===== Provided information =====
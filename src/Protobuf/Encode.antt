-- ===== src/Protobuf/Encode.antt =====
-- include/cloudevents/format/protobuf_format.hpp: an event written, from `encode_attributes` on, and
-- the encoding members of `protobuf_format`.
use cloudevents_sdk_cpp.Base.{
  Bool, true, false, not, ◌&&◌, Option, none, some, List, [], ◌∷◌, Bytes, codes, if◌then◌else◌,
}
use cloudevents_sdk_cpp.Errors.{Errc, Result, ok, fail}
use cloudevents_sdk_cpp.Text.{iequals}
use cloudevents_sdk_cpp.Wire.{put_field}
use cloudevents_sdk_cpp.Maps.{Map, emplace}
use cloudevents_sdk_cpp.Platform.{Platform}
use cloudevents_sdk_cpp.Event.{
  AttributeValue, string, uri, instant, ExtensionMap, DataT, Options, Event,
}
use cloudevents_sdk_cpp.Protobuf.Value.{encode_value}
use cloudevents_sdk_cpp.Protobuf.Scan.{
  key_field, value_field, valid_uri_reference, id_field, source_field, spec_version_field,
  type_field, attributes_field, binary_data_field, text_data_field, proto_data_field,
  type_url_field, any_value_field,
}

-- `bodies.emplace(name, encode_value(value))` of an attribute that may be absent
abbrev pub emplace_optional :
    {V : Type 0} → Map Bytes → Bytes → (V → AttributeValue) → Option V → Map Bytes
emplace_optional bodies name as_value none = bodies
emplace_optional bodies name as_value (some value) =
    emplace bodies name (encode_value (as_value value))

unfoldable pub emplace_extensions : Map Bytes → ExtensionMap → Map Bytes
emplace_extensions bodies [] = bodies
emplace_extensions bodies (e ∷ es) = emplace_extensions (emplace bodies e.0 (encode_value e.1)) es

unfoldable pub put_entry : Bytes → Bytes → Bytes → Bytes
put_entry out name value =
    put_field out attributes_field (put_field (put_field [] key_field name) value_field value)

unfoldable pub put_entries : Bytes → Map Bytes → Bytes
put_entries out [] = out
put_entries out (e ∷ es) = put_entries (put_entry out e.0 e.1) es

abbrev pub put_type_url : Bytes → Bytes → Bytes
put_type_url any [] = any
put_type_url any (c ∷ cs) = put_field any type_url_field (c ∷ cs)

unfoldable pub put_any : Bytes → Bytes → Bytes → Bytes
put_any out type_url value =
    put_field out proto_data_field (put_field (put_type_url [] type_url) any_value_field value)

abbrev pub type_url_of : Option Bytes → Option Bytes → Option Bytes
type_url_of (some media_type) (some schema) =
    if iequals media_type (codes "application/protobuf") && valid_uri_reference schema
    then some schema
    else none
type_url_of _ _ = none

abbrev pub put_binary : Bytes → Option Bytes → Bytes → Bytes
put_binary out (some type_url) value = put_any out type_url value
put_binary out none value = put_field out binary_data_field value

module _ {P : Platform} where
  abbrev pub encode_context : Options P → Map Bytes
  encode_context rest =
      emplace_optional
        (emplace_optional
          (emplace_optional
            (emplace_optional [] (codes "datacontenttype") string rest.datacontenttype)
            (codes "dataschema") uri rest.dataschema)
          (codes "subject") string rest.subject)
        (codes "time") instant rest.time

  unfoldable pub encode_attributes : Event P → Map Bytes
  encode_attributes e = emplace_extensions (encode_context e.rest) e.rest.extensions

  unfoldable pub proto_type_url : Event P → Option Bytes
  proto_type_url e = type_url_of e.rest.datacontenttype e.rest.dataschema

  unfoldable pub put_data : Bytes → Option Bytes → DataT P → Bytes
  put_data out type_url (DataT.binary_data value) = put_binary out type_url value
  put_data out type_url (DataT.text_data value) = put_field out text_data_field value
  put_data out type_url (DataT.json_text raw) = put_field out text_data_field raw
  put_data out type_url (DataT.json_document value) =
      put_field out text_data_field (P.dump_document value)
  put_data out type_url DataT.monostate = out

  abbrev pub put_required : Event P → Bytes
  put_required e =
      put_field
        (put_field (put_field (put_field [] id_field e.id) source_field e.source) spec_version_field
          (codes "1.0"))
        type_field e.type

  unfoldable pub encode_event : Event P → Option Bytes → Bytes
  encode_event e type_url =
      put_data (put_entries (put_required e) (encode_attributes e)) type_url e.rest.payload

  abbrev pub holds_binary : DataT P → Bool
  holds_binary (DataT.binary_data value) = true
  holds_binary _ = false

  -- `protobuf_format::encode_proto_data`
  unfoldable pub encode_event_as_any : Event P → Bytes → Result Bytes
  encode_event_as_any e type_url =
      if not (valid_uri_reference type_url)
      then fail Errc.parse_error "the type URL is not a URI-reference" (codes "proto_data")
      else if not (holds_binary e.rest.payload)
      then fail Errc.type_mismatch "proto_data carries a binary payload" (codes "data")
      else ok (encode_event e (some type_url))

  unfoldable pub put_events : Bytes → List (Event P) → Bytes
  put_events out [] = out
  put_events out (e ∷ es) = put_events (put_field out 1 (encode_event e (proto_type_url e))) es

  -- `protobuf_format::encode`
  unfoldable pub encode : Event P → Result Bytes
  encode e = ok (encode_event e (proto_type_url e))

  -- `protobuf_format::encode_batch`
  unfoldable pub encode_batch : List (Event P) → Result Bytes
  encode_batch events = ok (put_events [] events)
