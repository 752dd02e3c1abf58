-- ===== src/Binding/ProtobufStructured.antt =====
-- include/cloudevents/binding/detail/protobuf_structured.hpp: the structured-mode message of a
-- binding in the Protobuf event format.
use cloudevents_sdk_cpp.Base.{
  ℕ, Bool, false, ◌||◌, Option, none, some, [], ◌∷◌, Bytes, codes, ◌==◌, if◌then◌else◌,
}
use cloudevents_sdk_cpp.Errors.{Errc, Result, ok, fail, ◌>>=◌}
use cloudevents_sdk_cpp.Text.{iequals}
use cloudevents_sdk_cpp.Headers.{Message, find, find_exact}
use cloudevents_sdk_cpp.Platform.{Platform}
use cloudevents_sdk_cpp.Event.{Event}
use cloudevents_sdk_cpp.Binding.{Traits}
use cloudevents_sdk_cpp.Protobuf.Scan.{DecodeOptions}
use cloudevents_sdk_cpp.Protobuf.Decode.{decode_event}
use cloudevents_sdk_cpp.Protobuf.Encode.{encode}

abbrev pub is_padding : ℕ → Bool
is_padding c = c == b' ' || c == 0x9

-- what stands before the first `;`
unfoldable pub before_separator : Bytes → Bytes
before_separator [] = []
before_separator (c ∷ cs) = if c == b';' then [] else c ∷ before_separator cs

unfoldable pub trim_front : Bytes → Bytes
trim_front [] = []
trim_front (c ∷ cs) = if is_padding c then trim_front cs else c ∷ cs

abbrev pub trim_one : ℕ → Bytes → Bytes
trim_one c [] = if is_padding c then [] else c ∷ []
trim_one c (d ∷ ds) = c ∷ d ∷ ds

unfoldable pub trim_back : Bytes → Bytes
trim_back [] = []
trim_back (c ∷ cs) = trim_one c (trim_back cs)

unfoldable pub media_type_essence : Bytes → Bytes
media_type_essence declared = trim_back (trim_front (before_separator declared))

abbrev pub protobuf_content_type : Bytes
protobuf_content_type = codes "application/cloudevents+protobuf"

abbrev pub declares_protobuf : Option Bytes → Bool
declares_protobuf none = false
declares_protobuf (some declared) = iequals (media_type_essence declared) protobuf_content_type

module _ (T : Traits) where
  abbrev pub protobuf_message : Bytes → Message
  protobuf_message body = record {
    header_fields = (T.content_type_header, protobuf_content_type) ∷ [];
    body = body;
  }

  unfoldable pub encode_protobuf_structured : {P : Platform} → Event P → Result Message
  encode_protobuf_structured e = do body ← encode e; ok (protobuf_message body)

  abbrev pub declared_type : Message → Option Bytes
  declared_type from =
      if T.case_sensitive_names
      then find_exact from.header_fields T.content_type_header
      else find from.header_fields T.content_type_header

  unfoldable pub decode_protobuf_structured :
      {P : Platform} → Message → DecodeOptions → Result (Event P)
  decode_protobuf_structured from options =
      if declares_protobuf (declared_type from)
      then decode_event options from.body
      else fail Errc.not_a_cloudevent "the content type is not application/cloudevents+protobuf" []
=====
===== Provided information =====
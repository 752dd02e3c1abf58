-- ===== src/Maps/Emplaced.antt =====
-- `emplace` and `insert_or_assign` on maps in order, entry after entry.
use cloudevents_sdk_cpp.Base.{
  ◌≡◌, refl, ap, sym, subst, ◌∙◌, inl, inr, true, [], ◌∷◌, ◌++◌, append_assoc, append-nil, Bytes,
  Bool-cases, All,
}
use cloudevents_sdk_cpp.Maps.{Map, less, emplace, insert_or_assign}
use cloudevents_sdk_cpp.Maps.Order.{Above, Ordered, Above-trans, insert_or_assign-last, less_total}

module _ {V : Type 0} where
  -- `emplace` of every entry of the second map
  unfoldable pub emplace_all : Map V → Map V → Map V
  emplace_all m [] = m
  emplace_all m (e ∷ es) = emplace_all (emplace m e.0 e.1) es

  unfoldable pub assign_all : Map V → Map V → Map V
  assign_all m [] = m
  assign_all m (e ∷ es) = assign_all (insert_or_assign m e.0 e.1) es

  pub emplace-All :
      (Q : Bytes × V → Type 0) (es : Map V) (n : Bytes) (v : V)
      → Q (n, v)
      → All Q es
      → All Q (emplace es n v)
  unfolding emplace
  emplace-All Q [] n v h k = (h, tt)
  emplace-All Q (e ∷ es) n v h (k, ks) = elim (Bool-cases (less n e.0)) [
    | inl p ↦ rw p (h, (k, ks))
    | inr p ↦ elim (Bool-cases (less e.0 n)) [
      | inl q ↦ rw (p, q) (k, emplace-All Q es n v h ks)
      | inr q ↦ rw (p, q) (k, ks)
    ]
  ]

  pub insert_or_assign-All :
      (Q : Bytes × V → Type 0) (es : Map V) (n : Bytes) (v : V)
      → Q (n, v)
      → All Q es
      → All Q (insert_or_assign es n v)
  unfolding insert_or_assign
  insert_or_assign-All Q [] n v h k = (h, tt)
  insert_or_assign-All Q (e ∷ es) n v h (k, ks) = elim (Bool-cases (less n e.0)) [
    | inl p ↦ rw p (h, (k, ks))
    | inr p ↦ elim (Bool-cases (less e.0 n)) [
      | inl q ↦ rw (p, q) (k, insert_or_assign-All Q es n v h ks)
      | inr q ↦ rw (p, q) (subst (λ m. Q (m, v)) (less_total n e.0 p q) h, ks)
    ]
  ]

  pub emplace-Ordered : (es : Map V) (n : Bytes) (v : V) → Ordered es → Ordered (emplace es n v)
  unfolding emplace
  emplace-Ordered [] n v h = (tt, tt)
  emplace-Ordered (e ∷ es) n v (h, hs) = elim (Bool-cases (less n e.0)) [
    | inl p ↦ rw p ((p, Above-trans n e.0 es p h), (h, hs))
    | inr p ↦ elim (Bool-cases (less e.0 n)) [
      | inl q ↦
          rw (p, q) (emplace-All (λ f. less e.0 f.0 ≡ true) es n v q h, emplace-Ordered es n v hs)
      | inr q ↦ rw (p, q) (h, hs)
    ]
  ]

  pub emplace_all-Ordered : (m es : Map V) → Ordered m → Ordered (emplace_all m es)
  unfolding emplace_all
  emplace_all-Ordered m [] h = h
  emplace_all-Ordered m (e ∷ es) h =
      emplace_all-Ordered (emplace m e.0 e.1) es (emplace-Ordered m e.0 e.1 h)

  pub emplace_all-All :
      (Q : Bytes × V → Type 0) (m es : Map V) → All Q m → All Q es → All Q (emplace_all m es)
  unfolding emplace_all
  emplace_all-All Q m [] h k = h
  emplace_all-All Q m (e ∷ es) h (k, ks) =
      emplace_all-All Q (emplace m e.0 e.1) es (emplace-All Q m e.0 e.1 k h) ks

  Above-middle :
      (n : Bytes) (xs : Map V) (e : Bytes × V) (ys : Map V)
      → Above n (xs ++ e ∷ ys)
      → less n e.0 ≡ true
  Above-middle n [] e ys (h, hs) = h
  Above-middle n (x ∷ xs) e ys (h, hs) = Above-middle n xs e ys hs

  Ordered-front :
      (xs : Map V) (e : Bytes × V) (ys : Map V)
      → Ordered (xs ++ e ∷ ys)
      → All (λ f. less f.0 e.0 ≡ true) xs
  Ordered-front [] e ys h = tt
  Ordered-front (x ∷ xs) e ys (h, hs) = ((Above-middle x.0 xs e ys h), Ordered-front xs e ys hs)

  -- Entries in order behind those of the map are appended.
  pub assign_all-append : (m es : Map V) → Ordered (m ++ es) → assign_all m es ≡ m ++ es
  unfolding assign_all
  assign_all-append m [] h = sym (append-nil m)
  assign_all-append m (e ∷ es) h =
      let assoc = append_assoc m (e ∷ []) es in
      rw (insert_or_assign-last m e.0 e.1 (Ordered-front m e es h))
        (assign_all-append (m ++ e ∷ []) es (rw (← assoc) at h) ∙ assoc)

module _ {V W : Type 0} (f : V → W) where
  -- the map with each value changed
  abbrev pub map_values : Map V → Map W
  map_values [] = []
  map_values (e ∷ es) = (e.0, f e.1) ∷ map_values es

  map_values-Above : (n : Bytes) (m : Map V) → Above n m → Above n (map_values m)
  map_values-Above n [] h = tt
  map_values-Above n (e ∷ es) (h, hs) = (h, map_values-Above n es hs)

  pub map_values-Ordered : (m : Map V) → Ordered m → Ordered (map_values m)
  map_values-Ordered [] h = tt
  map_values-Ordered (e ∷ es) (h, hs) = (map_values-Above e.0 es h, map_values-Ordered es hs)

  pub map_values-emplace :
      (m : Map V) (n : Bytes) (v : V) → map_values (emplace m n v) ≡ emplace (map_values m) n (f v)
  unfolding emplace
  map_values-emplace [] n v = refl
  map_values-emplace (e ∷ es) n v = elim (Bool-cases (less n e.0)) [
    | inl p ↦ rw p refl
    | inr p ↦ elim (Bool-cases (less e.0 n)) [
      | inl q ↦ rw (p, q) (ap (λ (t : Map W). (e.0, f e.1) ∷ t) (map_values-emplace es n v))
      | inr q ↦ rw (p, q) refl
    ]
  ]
=====
===== Provided information =====
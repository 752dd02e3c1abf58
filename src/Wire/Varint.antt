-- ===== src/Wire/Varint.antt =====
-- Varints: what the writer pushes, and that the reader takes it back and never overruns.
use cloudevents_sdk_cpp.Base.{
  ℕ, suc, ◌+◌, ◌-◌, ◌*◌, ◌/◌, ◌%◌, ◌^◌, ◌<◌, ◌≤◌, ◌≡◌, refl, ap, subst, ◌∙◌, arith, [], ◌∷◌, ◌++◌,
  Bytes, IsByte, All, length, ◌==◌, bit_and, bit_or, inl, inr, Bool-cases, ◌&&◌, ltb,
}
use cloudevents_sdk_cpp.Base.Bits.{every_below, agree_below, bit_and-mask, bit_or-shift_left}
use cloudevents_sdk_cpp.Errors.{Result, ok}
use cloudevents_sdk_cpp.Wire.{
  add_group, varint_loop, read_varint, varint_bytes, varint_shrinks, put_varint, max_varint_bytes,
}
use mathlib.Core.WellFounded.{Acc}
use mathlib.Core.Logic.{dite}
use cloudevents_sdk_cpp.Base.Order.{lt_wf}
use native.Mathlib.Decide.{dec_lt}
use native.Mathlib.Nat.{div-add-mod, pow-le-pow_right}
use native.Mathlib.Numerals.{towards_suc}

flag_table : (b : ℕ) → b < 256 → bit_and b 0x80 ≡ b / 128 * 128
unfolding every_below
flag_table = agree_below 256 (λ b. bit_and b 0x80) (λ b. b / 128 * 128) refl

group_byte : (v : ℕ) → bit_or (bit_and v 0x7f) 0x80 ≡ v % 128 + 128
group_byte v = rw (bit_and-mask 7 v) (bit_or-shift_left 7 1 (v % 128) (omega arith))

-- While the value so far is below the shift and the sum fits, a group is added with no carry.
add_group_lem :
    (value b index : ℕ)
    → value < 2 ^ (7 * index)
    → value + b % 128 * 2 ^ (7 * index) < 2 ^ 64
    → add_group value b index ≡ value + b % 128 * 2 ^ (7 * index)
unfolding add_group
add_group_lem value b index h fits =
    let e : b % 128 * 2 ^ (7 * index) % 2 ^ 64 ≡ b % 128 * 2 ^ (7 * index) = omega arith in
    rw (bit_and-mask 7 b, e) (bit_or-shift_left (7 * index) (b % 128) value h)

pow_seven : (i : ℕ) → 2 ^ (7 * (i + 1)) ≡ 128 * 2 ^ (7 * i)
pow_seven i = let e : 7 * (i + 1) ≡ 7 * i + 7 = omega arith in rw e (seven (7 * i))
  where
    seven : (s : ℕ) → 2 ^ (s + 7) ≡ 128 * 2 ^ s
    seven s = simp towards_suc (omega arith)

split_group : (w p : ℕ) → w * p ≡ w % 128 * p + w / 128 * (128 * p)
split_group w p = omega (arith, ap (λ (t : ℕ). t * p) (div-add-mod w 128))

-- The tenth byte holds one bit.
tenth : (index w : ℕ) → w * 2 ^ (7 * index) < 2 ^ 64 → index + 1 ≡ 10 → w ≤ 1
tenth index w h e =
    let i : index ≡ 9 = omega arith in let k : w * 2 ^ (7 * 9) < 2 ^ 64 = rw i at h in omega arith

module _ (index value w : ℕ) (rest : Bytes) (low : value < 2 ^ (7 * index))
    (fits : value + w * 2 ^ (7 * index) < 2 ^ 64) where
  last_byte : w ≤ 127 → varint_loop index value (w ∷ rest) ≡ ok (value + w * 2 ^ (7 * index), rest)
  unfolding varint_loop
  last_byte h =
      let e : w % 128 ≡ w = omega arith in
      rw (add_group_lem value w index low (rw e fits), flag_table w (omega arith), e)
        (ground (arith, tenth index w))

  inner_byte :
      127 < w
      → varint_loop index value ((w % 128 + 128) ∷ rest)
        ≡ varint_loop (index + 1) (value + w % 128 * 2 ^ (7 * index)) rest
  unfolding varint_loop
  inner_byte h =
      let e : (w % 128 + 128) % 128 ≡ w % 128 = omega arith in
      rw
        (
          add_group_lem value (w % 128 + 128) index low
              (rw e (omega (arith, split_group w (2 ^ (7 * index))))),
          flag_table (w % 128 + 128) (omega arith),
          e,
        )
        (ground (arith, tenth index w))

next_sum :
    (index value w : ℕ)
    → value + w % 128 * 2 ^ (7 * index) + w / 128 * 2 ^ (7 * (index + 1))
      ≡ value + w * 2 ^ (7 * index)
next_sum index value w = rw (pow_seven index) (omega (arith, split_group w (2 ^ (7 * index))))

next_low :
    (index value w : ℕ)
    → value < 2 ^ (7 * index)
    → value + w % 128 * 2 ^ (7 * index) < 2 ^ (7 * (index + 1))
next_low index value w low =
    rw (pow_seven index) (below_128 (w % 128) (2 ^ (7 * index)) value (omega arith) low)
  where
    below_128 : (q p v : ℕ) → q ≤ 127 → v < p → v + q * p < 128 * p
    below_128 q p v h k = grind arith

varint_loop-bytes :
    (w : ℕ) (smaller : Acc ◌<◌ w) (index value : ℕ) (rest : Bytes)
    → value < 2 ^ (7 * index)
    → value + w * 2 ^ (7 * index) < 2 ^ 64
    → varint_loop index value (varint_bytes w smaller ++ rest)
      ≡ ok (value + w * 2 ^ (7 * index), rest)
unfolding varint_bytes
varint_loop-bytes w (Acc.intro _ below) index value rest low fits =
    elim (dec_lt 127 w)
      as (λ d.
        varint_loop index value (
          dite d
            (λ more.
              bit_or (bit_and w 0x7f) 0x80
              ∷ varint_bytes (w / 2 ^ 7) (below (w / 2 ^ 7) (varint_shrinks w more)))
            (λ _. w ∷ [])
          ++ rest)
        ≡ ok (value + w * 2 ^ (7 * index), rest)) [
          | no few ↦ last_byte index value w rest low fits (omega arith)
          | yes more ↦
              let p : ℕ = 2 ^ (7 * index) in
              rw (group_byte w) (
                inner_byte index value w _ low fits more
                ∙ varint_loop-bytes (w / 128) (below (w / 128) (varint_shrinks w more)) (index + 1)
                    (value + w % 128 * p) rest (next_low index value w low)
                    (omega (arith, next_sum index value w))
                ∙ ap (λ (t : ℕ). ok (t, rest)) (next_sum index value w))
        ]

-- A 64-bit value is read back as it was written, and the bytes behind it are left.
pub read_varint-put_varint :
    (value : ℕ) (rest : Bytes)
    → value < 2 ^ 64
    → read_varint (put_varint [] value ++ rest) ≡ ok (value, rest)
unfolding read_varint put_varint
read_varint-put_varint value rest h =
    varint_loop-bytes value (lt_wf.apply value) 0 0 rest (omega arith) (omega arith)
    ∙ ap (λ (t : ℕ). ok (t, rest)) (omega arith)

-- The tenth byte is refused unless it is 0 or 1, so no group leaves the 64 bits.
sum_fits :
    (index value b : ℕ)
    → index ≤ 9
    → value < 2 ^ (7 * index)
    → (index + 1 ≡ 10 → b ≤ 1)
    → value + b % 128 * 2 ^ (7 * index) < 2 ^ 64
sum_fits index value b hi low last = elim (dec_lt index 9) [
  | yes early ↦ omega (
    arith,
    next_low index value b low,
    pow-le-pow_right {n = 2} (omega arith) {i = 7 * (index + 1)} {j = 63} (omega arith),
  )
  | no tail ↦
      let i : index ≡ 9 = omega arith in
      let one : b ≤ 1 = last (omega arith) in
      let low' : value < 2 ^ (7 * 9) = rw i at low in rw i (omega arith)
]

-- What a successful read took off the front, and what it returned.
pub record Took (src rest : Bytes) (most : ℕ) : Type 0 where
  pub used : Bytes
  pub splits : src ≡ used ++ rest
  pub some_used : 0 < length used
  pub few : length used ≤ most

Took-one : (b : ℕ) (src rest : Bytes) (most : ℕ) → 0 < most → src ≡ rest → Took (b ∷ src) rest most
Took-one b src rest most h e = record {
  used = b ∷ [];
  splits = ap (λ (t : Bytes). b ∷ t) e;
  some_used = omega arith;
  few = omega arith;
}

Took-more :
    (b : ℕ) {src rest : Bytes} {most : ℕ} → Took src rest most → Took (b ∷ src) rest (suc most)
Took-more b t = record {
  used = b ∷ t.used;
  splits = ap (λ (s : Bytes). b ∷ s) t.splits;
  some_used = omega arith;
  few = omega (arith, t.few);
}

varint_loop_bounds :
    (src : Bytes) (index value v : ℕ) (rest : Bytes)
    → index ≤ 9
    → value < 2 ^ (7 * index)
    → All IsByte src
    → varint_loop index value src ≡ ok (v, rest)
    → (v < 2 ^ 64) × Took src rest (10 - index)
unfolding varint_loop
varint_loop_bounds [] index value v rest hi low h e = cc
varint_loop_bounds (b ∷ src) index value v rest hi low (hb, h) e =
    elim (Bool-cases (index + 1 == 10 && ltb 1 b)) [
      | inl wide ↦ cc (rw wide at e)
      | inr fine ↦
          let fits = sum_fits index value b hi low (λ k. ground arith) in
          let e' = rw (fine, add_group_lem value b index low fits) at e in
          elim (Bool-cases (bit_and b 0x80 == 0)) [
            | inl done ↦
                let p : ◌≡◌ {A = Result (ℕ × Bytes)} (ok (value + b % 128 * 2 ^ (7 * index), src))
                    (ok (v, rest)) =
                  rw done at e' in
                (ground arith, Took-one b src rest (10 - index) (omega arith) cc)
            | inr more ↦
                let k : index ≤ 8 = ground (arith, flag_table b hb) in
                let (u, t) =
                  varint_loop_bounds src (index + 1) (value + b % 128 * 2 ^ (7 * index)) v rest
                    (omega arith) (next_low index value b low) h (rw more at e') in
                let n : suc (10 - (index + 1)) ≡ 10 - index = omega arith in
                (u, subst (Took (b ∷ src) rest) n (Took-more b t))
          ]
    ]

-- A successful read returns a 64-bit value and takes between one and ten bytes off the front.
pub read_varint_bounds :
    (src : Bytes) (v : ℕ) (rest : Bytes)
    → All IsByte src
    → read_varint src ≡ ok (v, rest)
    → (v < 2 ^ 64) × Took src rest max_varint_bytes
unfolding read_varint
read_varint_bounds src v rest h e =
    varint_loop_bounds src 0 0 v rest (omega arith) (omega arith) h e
=====
> Task details:
Each line above that holds the string "Scan" should be copied and shown.

> Completed task:
use cloudevents_sdk_cpp.Protobuf.Scan.{
use cloudevents_sdk_cpp.Protobuf.Scan.{DecodeOptions}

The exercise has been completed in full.